Nuovi aiuti alle imprese e proroga dello stato di emergenza
Norcia

Dopo una serata di intense discussioni, il Governo di coalizione giallorossa ha dato il via libera al decreto terremoto per le zone colpite dal sisma e dallo sciame sismico del 2016. In sostanza previsti nuovi aiuti alle imprese e la proroga dello stato di emergenza.
 Dunque nei Comuni del cratere di Abruzzo, Umbria, Marche e Lazio sarà estesa la misura Resto al Sud, con incentivi per imprese e privati che decidono di investire in queste aree; inoltre è stato deciso il prolungamento dello stato di emergenza fino al 31 dicembre 2019.
  Tra le novità di maggior rilievo ci sono gli incentivi economici e il regime fiscale di favore per gli imprenditori privati e le imprese che scelgono di rimanere sul territorio. Tra queste la più importante riguarda l’anticipazione del 50% delle spese ai professionisti che investono nelle aree colpite dal sisma e l’estensione del pacchetto di agevolazioni Resto al Sud 2019.

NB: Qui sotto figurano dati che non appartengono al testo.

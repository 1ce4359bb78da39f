-- ===== src/RunState/History.antt =====
-- Sequences of the commands of scripts/run-state.py.
use Prim.Native.String.{String}
use mathlib.Core.List.{append-nil, append_assoc}
use pulsaros_testbed.Prelude.{
  ◌≡◌, refl, sym, ◌∙◌, ap, arith, true, eq_iff, some, ok, List, [], ◌∷◌, ◌++◌, snoc,
}
use pulsaros_testbed.Value.{
  Value, str, dict, Fields, field?, get_or, get_field, end, field, py_str, truthy,
}
use pulsaros_testbed.RunState.{
  World, Clock, SdnKind, cmd_phase, cmd_vm, cmd_sdn, cmd_sync_topology, cmd_init, previous_state,
  ensure_state, phase_entry,
}
use pulsaros_testbed.RunState.Guard.{
  Keeps, run_of, phases_of, listed, ensure_state-recorded, cmd_phase-lem,
}
use pulsaros_testbed.RunState.Frame.{
  cmd_vm-lem, cmd_sdn-lem, cmd_sync_topology-lem, cmd_init-phases, phases-run_id,
}

-- One command that succeeds, or a new topology.json. An `init` is one for the run that the state
-- belongs to.
pub data Step (w w' : World) : Type 0 where
  phase :
      (clock : Clock) (name status message run_id : String)
      → cmd_phase clock name status message run_id w ≡ ok w'
      → Step w w'
  vm :
      (clock : Clock) (host status management_ip run_id : String)
      → cmd_vm clock host status management_ip run_id w ≡ ok w'
      → Step w w'
  sdn :
      (clock : Clock) (kind : SdnKind) (name status run_id : String)
      → cmd_sdn clock kind name status run_id w ≡ ok w'
      → Step w w'
  sync : (clock : Clock) (run_id : String) → cmd_sync_topology clock run_id w ≡ ok w' → Step w w'
  init :
      (clock : Clock) (name : String)
      → run_of w.state ≡ run_of w.topology
      → cmd_init clock name w ≡ ok w'
      → Step w w'
  rendered : w'.state ≡ w.state → Step w w'

-- A sequence of steps.
pub data Life : World → World → Type 0 where
  idle : {w : World} → Life w w
  then_step : {u v w : World} → Step u v → Life v w → Life u w

-- A state with a run id.
abbrev pub HasRun : World → Type 0
HasRun w = (v : Value) × (field? "run_id" w.state ≡ some v)

-- The recorded phases of the second world go on from those of the first.
abbrev pub GoesOn : World → World → Type 0
GoesOn w w' = (more : List Value) × (phases_of w'.state ≡ phases_of w.state ++ more)

HasRun-truthy : (fs : Fields) {v : Value} → field? "run_id" fs ≡ some v → truthy (dict fs) ≡ true
HasRun-truthy end h = unfold field? in ground arith
HasRun-truthy (field k v fs) h = unfold truthy in refl

phases_of-same :
    (s t : Fields) → field? "phases" t ≡ field? "phases" s → phases_of t ≡ phases_of s ++ []
unfolding phases_of
phases_of-same s t h = ap listed h ∙ sym (append-nil (phases_of s))

module _ (w w' : World) (run : HasRun w) where
  -- A command that goes on from the recorded state.
  module _ (clock : Clock) (run_id : String) (s : Fields)
      (read : ensure_state clock w run_id ≡ ok s) where
    pub same_state : s ≡ w.state
    same_state = ensure_state-recorded clock w run_id s (HasRun-truthy w.state run.1) read

    pub keeps-run : field? "run_id" w'.state ≡ field? "run_id" s → HasRun w'
    keeps-run kept = (run.0, kept ∙ ap (field? "run_id") same_state ∙ run.1)

    keeps-phases : field? "phases" w'.state ≡ field? "phases" s → GoesOn w w'
    keeps-phases kept =
        ([], phases_of-same w.state w'.state (kept ∙ ap (field? "phases") same_state))

    Keeps-both : Keeps ("resources" ∷ "updated_at" ∷ []) s w'.state → HasRun w' × GoesOn w w'
    Keeps-both kept = (
      keeps-run (kept "run_id" ((λ e. cc), ((λ e. cc), tt))),
      keeps-phases (kept "phases" ((λ e. cc), ((λ e. cc), tt))),
    )

  previous_state-same : run_of w.state ≡ run_of w.topology → previous_state w ≡ w.state
  unfolding previous_state
  previous_state-same h = ground (
    arith,
    eq_iff (py_str (get_or "run_id" (str "") w.state))
        (py_str (get_or "run_id" (str "") w.topology)),
  )

  Step-GoesOn : Step w w' → HasRun w' × GoesOn w w'
  Step-GoesOn (phase clock name status message run_id h) =
      let (s, read, grown, _, kept) = cmd_phase-lem clock name status message run_id w w' h in
      (
        keeps-run clock run_id s read (kept "run_id" ((λ e. cc), (phases-run_id, ((λ e. cc), tt)))),
        (
          dict (phase_entry name status clock.appended_at message) ∷ [],
          grown
              ∙ ap
                  (λ x.
                    snoc (phases_of x) (dict (phase_entry name status clock.appended_at message)))
                  (same_state clock run_id s read),
        ),
      )
  Step-GoesOn (vm clock host status management_ip run_id h) =
      let (s, read, _, _, _, _, _, kept) =
        cmd_vm-lem clock w w' host status management_ip run_id h in
      Keeps-both clock run_id s read kept
  Step-GoesOn (sdn clock kind name status run_id h) =
      let (s, read, kept) = cmd_sdn-lem clock w w' kind name status run_id h in
      Keeps-both clock run_id s read kept
  Step-GoesOn (sync clock run_id h) =
      let (s, read, _, kept) = cmd_sync_topology-lem clock w w' run_id h in
      Keeps-both clock run_id s read kept
  Step-GoesOn (init clock name belongs h) =
      let (grown, recorded) = cmd_init-phases clock w w' name h in
      (
        (get_field "run_id" w.topology, recorded),
        (
          dict (phase_entry name "started" clock.appended_at "") ∷ [],
          grown
              ∙ ap
                  (λ x. snoc (phases_of x) (dict (phase_entry name "started" clock.appended_at "")))
                  (previous_state-same belongs),
        ),
      )
  Step-GoesOn (rendered same) = (
    (run.0, ap (field? "run_id") same ∙ run.1),
    ([], phases_of-same w.state w'.state (ap (field? "phases") same)),
  )

-- Over any sequence of successful commands and new topologies that starts at a state with a run
-- id, and in which every `init` is for the run of the state, the state keeps having a run id, and
-- the recorded phases at the end are those at the start with more behind them.
pub Life-GoesOn : {w w' : World} → HasRun w → Life w w' → HasRun w' × GoesOn w w'
Life-GoesOn {w} run idle = (run, ([], sym (append-nil (phases_of w.state))))
Life-GoesOn {w} {w'} run (then_step {v = v} x rest) =
    let (run_next, (first, e)) = Step-GoesOn w v run x in
    let (run_last, (more, f)) = Life-GoesOn run_next rest in
    (
      run_last,
      (first ++ more, f ∙ ap (λ l. l ++ more) e ∙ append_assoc (phases_of w.state) first more),
    )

 L'obiettivo del Governo è far sì che gli incentivi possano servire a favorire la rinascita dell’imprenditoria locale e a spingere le imprese di altre regioni ad allargarsi nelle zone terremotate.
  A questi provvedimenti si accompagnano anche iter più snelli per la ricostruzione - dando la priorità agli istituti scolastici - e per lo smaltimento delle macerie.
  Per l’opposizione tuttavia si tratta dell’ennesimo decreto vuoto e salva-apparenze che non affronta in maniera appropriata la crisi socio-economica delle zone terremotate e il pericolo di spopolamento.